All-electric machine accelerates tube bending production

Paul Boughton

A Unison all-electric CNC tube bending machine is helping the specialist tube bending company T+T Tubecraft to accelerate production of precision tubular parts and eliminate material waste through right-first-time manufacturing.

Tubecraft has a long-established reputation for metal tube, pipe and section bending. Founded in 1949 to produce parts for aircraft and motorcycles, the company nowadays serves a diverse customer base, with a particularly strong presence in the oil and gas sector – including bending rigid small-bore hydraulic tubes for several subsea equipment manufacturers.

Tubecraft's pipe and tube bending services have been based on hydraulically-powered machines, although in recent years it also invested in several hybrid hydraulic-electric machines.
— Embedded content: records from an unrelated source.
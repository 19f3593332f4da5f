-- ===== src/Control/Files/Atomic.antt =====
-- Replacing a file: all of it or nothing.
use las.Prelude.{
  String, false, Option, none, some, ◌≡◌, ◌≢◌, inl, inr, refl, sym, ◌∙◌, arith, str_eq, eq_iff,
  Bool-cases,
}
use mathlib.Core.Path.{subst}
use las.Os.{Spared, Outcome-cases, Os, IsLawful, Keeps, Outcome, done, failed, after, after_rule}
use las.Control.Files.{describe, fill_and_rename, write_file}

-- The content of the path afterwards, by the outcome.
abbrev pub Settled : Outcome (Unit {0}) → Option String → Option String → String → Type 0
Settled (done _) before after text = after ≡ some text
Settled (failed _) before after text = after ≡ before

-- The temporary file behind a success is no more.
abbrev Gone : Outcome (Unit {0}) → Option String → Type 0
Gone (done _) after = after ≡ none
Gone (failed _) after = Unit

remove-none :
    (os : Os) (law : IsLawful os) (name : String) (s : os.State)
    → os.content s name ≡ none
    → os.content (os.remove name s).0 name ≡ none
remove-none os law name s h = elim (Outcome-cases (os.remove name s).1) [
  | inl (tt, e) ↦ law.remove-done name s e
  | inr (_, e) ↦ law.remove-failed name s e name ∙ h
]

module _ (os : Os) (law : IsLawful os) (path name text : String) (ne : name ≢ path) where
  -- What the calls on the temporary file leave.
  abbrev Replaced : os.State → os.State × Outcome (Unit {0}) → Type 0
  Replaced s (t, r) =
      Settled r (os.content s path) (os.content t path) text
      × Gone r (os.content t name)
      × ((q : String) → q ≢ path → q ≢ name → os.content t q ≡ os.content s q)

  -- A state in which only the temporary file may differ.
  abbrev Touched : os.State → os.State → Type 0
  Touched s t = (q : String) → q ≢ name → os.content t q ≡ os.content s q

  give_up :
      (s t : os.State) (e : String) → Touched s t → Replaced s ((os.remove name t).0, failed e)
  give_up s t e h = (
    law.remove-other name t path (λ k. ne (sym k)) ∙ h path (λ k. ne (sym k)),
    tt,
    λ q _ k. law.remove-other name t q k ∙ h q k,
  )

  fill_and_rename-Replaced :
      (mode : String) (s : os.State) → Replaced s (fill_and_rename os name path mode text s)
  unfolding fill_and_rename
  fill_and_rename-Replaced mode s =
      let s1 = (os.write name text s).0 in
      let t1 : Touched s s1 = law.write-other name text s in
      let s2 = (os.chmod name mode s1).0 in
      let t2 : Touched s s2 = λ q k. law.chmod-Keeps name mode s1 q ∙ t1 q k in
      let s3 = (os.close name s2).0 in
      let t3 : Touched s s3 = λ q k. law.close-Keeps name s2 q ∙ t2 q k in
      let s4 = (os.rename name path s3).0 in
      after_rule (Replaced s) _ _ _
        (λ e w.
          give_up s _ (describe "write temp file for %s: %w" path e)
            (λ q k. law.close-Keeps name s1 q ∙ t1 q k))
        λ _ w.
          after_rule (Replaced s) _ _ _
            (λ e c.
              give_up s _ (describe "chmod temp file for %s: %w" path e)
                (λ q k. law.close-Keeps name s2 q ∙ t2 q k))
            λ _ c.
              after_rule (Replaced s) _ _ _
                (λ e d. give_up s s3 (describe "close temp file for %s: %w" path e) t3)
                λ _ d.
                  after_rule (Replaced s) _ _ _
                    (λ e r.
                      give_up s s4 (describe "replace %s: %w" path e)
                        (λ q k. law.rename-failed name path s3 r q ∙ t3 q k))
                    λ _ r.
                      let (moved, gone, others) = law.rename-done name path s3 ne r in
                      (
                        law.remove-other name s4 path (λ k. ne (sym k))
                            ∙ moved
                            ∙ law.close-Keeps name s2 name
                            ∙ law.chmod-Keeps name mode s1 name
                            ∙ law.write-done name text s w,
                        remove-none os law name s4 gone,
                        λ q p k. law.remove-other name s4 q k ∙ others q k p ∙ t3 q k,
                      )

-- Another path, by the outcome.
abbrev pub Apart : Outcome (Unit {0}) → Option String → Option String → Type 0
Apart (done _) before after = after ≡ before
Apart (failed _) before after = Spared before after

-- The outcome of replacing a file, from the state before.
abbrev pub IsAtomic :
    (os : Os) → String → String → os.State → os.State × Outcome (Unit {0}) → Type 0
IsAtomic os path text s (t, r) =
    Settled r (os.content s path) (os.content t path) text
    × ((q : String) → q ≢ path → Apart r (os.content s q) (os.content t q))

Spared-ap : {a b c : Option String} → b ≡ a → Spared b c → Spared a c
Spared-ap e (inl h) = inl (h ∙ e)
Spared-ap e (inr h) = inr (sym e ∙ h)

Apart-same : (r : Outcome (Unit {0})) {a b : Option String} → b ≡ a → Apart r a b
Apart-same (done _) h = h
Apart-same (failed _) h = inl h

-- The temporary file, which was not there before.
Gone-Apart : (r : Outcome (Unit {0})) (a b : Option String) → a ≡ none → Gone r b → Apart r a b
Gone-Apart (done _) a b e h = h ∙ sym e
Gone-Apart (failed _) a b e h = inr e

IsAtomic-trans :
    (os : Os) (path text : String) (s s' : os.State) (r : os.State × Outcome (Unit {0}))
    → Keeps os s s'
    → IsAtomic os path text s' r
    → IsAtomic os path text s r
IsAtomic-trans os path text s s' (t, done _) k h = (h.0, λ q ne. h.1 q ne ∙ k q)
IsAtomic-trans os path text s s' (t, failed e) k h =
    (h.0 ∙ k path, λ q ne. Spared-ap (k q) (h.1 q ne))

Settled-ap :
    (r : Outcome (Unit {0})) (b b' after : Option String) (text : String)
    → b' ≡ b
    → Settled r b' after text
    → Settled r b after text
Settled-ap (done _) b b' after text e h = h
Settled-ap (failed _) b b' after text e h = h ∙ e

differs : (q name : String) → str_eq q name ≡ false → q ≢ name
differs q name e k = ground (arith, eq_iff q name)

-- A replaced file is an atomic change if its temporary file was not there before.
Replaced-IsAtomic :
    (os : Os) (path name text : String) (s s' t : os.State) (r : Outcome (Unit {0}))
    → name ≢ path
    → os.content s name ≡ none
    → ((q : String) → q ≢ name → os.content s' q ≡ os.content s q)
    → Settled r (os.content s' path) (os.content t path) text
    → Gone r (os.content t name)
    → ((q : String) → q ≢ path → q ≢ name → os.content t q ≡ os.content s' q)
    → IsAtomic os path text s (t, r)
Replaced-IsAtomic os path name text s s' t r ne fresh same settled gone others = (
  Settled-ap r (os.content s path) (os.content s' path) (os.content t path) text
      (same path (λ k. ne (sym k))) settled,
  λ q p. elim (Bool-cases (str_eq q name)) [
    | inl e ↦
        let h = (eq_iff q name).0 e in
        subst (λ p. Apart r (os.content s p) (os.content t p)) (sym h) (Gone-Apart r _ _ fresh gone)
    | inr e ↦ let h : q ≢ name = λ k. differs q name e k in Apart-same r (others q p h ∙ same q h)
  ],
)

fill_and_rename-IsAtomic :
    (os : Os) (law : IsLawful os) (path name mode text : String) (s s' : os.State)
    → name ≢ path
    → os.content s name ≡ none
    → ((q : String) → q ≢ name → os.content s' q ≡ os.content s q)
    → IsAtomic os path text s (fill_and_rename os name path mode text s')
fill_and_rename-IsAtomic os law path name mode text s s' ne fresh same =
    let h = fill_and_rename-Replaced os law path name text ne mode s' in
    Replaced-IsAtomic os path name text s s' _ _ ne fresh same h.0 h.1 h.2

-- On a machine whose file calls behave as documented, `writeFile` replaces the file by the new
-- content and leaves every other path as it was when it reports no error; when it reports one, it
-- leaves the file and everything else that was there as it was, and only a new file can be left
-- behind.
pub write_file-IsAtomic :
    (os : Os)
    → IsLawful os
    → (path mode text : String) (s : os.State)
    → IsAtomic os path text s (write_file os path mode text s)
unfolding write_file
write_file-IsAtomic os law path mode text s =
    after_rule (IsAtomic os path text s) _ _ _ (λ e _. (refl, λ q _. inl refl))
      λ bits _.
        after_rule (IsAtomic os path text s) _ _ _
          (λ e _. (law.mkdir_all-Keeps path s path, λ q _. inl (law.mkdir_all-Keeps path s q)))
          λ _ _.
            let s1 = (os.mkdir_all path s).0 in
            IsAtomic-trans os path text s s1 _ (law.mkdir_all-Keeps path s) (
              after_rule (IsAtomic os path text s1) _ _ _
                (λ e c. (
                  law.create_temp-failed path s1 c path,
                  λ q _. inl (law.create_temp-failed path s1 c q),
                ))
                λ name c.
                  let (ne, fresh, same) = law.create_temp-done path s1 c in
                  fill_and_rename-IsAtomic os law path name bits text s1 _ ne fresh same)
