-- ===== src/Store/Laws.antt =====
-- What the file of the configuration holds after `Save` and `Init`, and what `Load` accepts.
use las.Prelude.{String, ◌≡◌, refl, Option, some, ◌<>◌, ◌≢◌, inl}
use las.Os.{Spared, IsLawful, after-done, Os, Outcome, done, failed, after}
use las.Control.Files.{file_mode, fill_and_rename, write_file}
use las.Errors.{Check, ok, err, Passes}
use las.Config.{Config}
use las.Validate.{validate}
use las.Control.Files.Atomic.{IsAtomic, write_file-IsAtomic}
use las.Store.{
  Json, Attempt, gives, fails, attempt, save_encoded, save_checked, save, fill, replace,
}

-- The same state, and success on both sides or on neither.
data Alike {S : Type 0} : S × Outcome (Unit {0}) → S × Outcome (Unit {0}) → Type 0 where
  both_done : (s : S) → Alike (s, done tt) (s, done tt)
  both_failed : (s : S) (e e' : String) → Alike (s, failed e) (s, failed e')

Alike-IsAtomic :
    (os : Os) (path text : String) (s : os.State) {m n : os.State × Outcome (Unit {0})}
    → Alike m n
    → IsAtomic os path text s m
    → IsAtomic os path text s n
Alike-IsAtomic os path text s (both_done t) h = h
Alike-IsAtomic os path text s (both_failed t e e') h = h

-- Two functions behind the same call.
after-Alike :
    {S A : Type 0} (m : S × Outcome A) (f f' : String → S → S × Outcome (Unit {0}))
    (g g' : A → S → S × Outcome (Unit {0}))
    → ((e : String) (s : S) → Alike (f e s) (f' e s))
    → ((a : A) (s : S) → Alike (g a s) (g' a s))
    → Alike (after m f g) (after m f' g')
unfolding after
after-Alike (s, done a) f f' g g' h k = k a s
after-Alike (s, failed e) f f' g g' h k = h e s

fill-Alike :
    (os : Os) (name path text : String) (s : os.State)
    → Alike (fill_and_rename os name path "600" text s) (fill os name path text s)
unfolding fill fill_and_rename
fill-Alike os name path text s =
    after-Alike _ _ _ _ _ (λ e s. both_failed _ _ _)
      λ _ s.
        after-Alike _ _ _ _ _ (λ e s. both_failed _ _ _)
          λ _ s.
            after-Alike _ _ _ _ _ (λ e s. both_failed _ _ _)
              λ _ s. after-Alike _ _ _ _ _ (λ e s. both_failed _ _ _) λ _ s. both_done _

-- The mode that `Save` sets.
mode_lem : file_mode "0600" ≡ done "600"
unfolding file_mode las.Fmt.format_nat
mode_lem = refl

replace-Alike :
    (os : Os) (path text : String) (s : os.State)
    → Alike (write_file os path "0600" text s) (replace os path text s)
unfolding replace write_file
replace-Alike os path text s =
    after-done (λ m. Alike m (replace os path text s)) _ _ _ "600" mode_lem
      (after-Alike _ _ _ _ _ (λ e s. both_failed s _ _)
        λ _ s.
          after-Alike _ _ _ _ _ (λ e s. both_failed s _ _) λ name s. fill-Alike os name path text s)

replace-IsAtomic :
    (os : Os)
    → IsLawful os
    → (path text : String) (s : os.State) → IsAtomic os path text s (replace os path text s)
replace-IsAtomic os law path text s =
    Alike-IsAtomic os path text s (replace-Alike os path text s)
      (write_file-IsAtomic os law path "0600" text s)

-- The configuration's file afterwards, by the result.
unfoldable pub Holds : Json → Config → Attempt (Unit {0}) → Option String → Option String → Type 0
Holds json c (gives _) before after =
    Passes (validate c)
    × ((text : String) × (json.encode c ≡ done text) × (after ≡ some (text <> "\n")))
Holds json c (fails _) before after = after ≡ before

-- Another path, by the result.
abbrev pub Besides : Attempt (Unit {0}) → Option String → Option String → Type 0
Besides (gives _) before after = after ≡ before
Besides (fails _) before after = Spared before after

unfoldable pub IsSaved :
    (os : Os) → Json → String → Config → os.State → os.State × Attempt (Unit {0}) → Type 0
IsSaved os json path c s (t, r) =
    Holds json c r (os.content s path) (os.content t path)
    × ((q : String) → q ≢ path → Besides r (os.content s q) (os.content t q))

attempt-IsSaved :
    (os : Os) (json : Json) (path : String) (c : Config) (text : String) (s : os.State)
    (m : os.State × Outcome (Unit {0}))
    → Passes (validate c)
    → json.encode c ≡ done text
    → IsAtomic os path (text <> "\n") s m
    → IsSaved os json path c s (attempt os m)
unfolding IsSaved Holds attempt
attempt-IsSaved os json path c text s (t, done _) p e (h, others) = ((p, (text, e, h)), others)
attempt-IsSaved os json path c text s (t, failed _) p e (h, others) = (h, others)

encoded-IsSaved :
    (os : Os)
    → IsLawful os
    → (json : Json) (path : String) (c : Config) (s : os.State) (o : Outcome String)
    → Passes (validate c)
    → json.encode c ≡ o
    → IsSaved os json path c s (save_encoded os path o s)
unfolding IsSaved Holds save_encoded
encoded-IsSaved os law json path c s (failed e) p h = (refl, λ q _. inl refl)
encoded-IsSaved os law json path c s (done text) p h =
    attempt-IsSaved os json path c text s _ p h (replace-IsAtomic os law path (text <> "\n") s)

checked-IsSaved :
    (os : Os)
    → IsLawful os
    → (json : Json) (path : String) (c : Config) (s : os.State) (r : Check) → validate c ≡ r
    → IsSaved os json path c s (save_checked os json path c r s)
unfolding IsSaved Holds save_checked
checked-IsSaved os law json path c s (err e) h = (refl, λ q _. inl refl)
checked-IsSaved os law json path c s (ok _) h = encoded-IsSaved os law json path c s _ h refl

-- If the file calls behave as documented, `Save` with no error leaves the encoding of an accepted
-- configuration and every other path as it was; with an error it leaves the file and everything
-- else that was there as it was, and only a new file can be left behind.
pub save-IsSaved :
    (os : Os)
    → IsLawful os
    → (json : Json) (path : String) (c : Config) (s : os.State)
    → IsSaved os json path c s (save os json path c s)
unfolding save
save-IsSaved os law json path c s = checked-IsSaved os law json path c s _ refl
However, an increasing proportion of the company’s business is for very demanding shapes and smaller batch runs – which are not ideally suited to production on hydraulic tube benders. Many of the company's oil and gas projects fall into this category. For example, the tubular parts for subsea 'Christmas' trees, hydraulic flying leads and associated equipment are usually manufactured from expensive corrosion-resistant materials such as duplex, super duplex or 316L stainless steel, or more exotic alloys such as 6Mo, and invariably demand highly complex bends of exceptionally high accuracy.

Setting up a hydraulic tube bending machine to consistently produce parts of this complexity can be very time-consuming; it usually takes Tubecraft’s specialists about 90 minutes to fit the tooling and configure a machine for bending a particular part. It's then necessary to bend two or three trial parts, making minor machine adjustments each time, before a part passes measurement inspection and production can begin. Given that more and more projects are generally produced in small batch sizes – sometimes as small as one – before the machine is retooled for the next part, this time overhead soon mounts up. On average for instance, for manufacturing subsea parts, Tubecraft performs eight complete tool changeovers a week - representing as much as 12 hours lost production time.  

Aside from the time overhead, Tubecraft was also concerned about scrap material issues. On many bending contracts the tube material is supplied by customers, who often make no allowance for the waste incurred by trialling parts; and with the material costs of even mid-range alloy tubing easily exceeding £200/metre, producing multiple trial parts for low volume, small batch size production runs was becoming uneconomic.

Tubecraft therefore sought to implement a right-first-time manufacturing strategy, based on a tube bending solution that combined ease of set-up and fast tool changeover with high accuracy and repeatability. The company had looked at numerous tube bending machines over the years, including offerings from American, German, Swedish and Chinese manufacturers, and concluded that UK-based Unison’s all-electric technology represented the optimal way forward. Another key factor behind the purchasing decision was Unison’s excellent reputation for support, which Tubecraft regards as vital for any business that is introducing new production technology.

The Unison tube bending machine – a 50mm Breeze all-electric model with a multi-stack tool head for fast, automated tool changeover – was installed at Tubecraft’s factory in Woking in January 2014. It is networked to the company’s CAD facilities and a coordinate measuring machine (CMM) that is used to verify bend accuracy and design conformity. The tube bender can be programmed manually or by importing CAD data using industry-standard IGES or STEP files, while data obtained by the CMM from the first manufactured part can be used, if necessary, to automatically adjust the bending machine ready for a production run.

According to Tubecraft’s managing director, Ross Turner, “The all-electric architecture and automated software-controlled set-up of the Unison machine has major advantages over hydraulic machines. Bending accuracy and repeatability are dramatically improved. For repeat orders we now achieve right-first-time manufacturing, and even for new projects, where measurements from the first manufactured part might be used to adjust bend parameters, the second part is usually perfect. It also only takes about 20 minutes to fully configure the electric bender, which is less than a quarter of the time it took with our hydraulic machines – giving us at least nine hours a week extra production time.”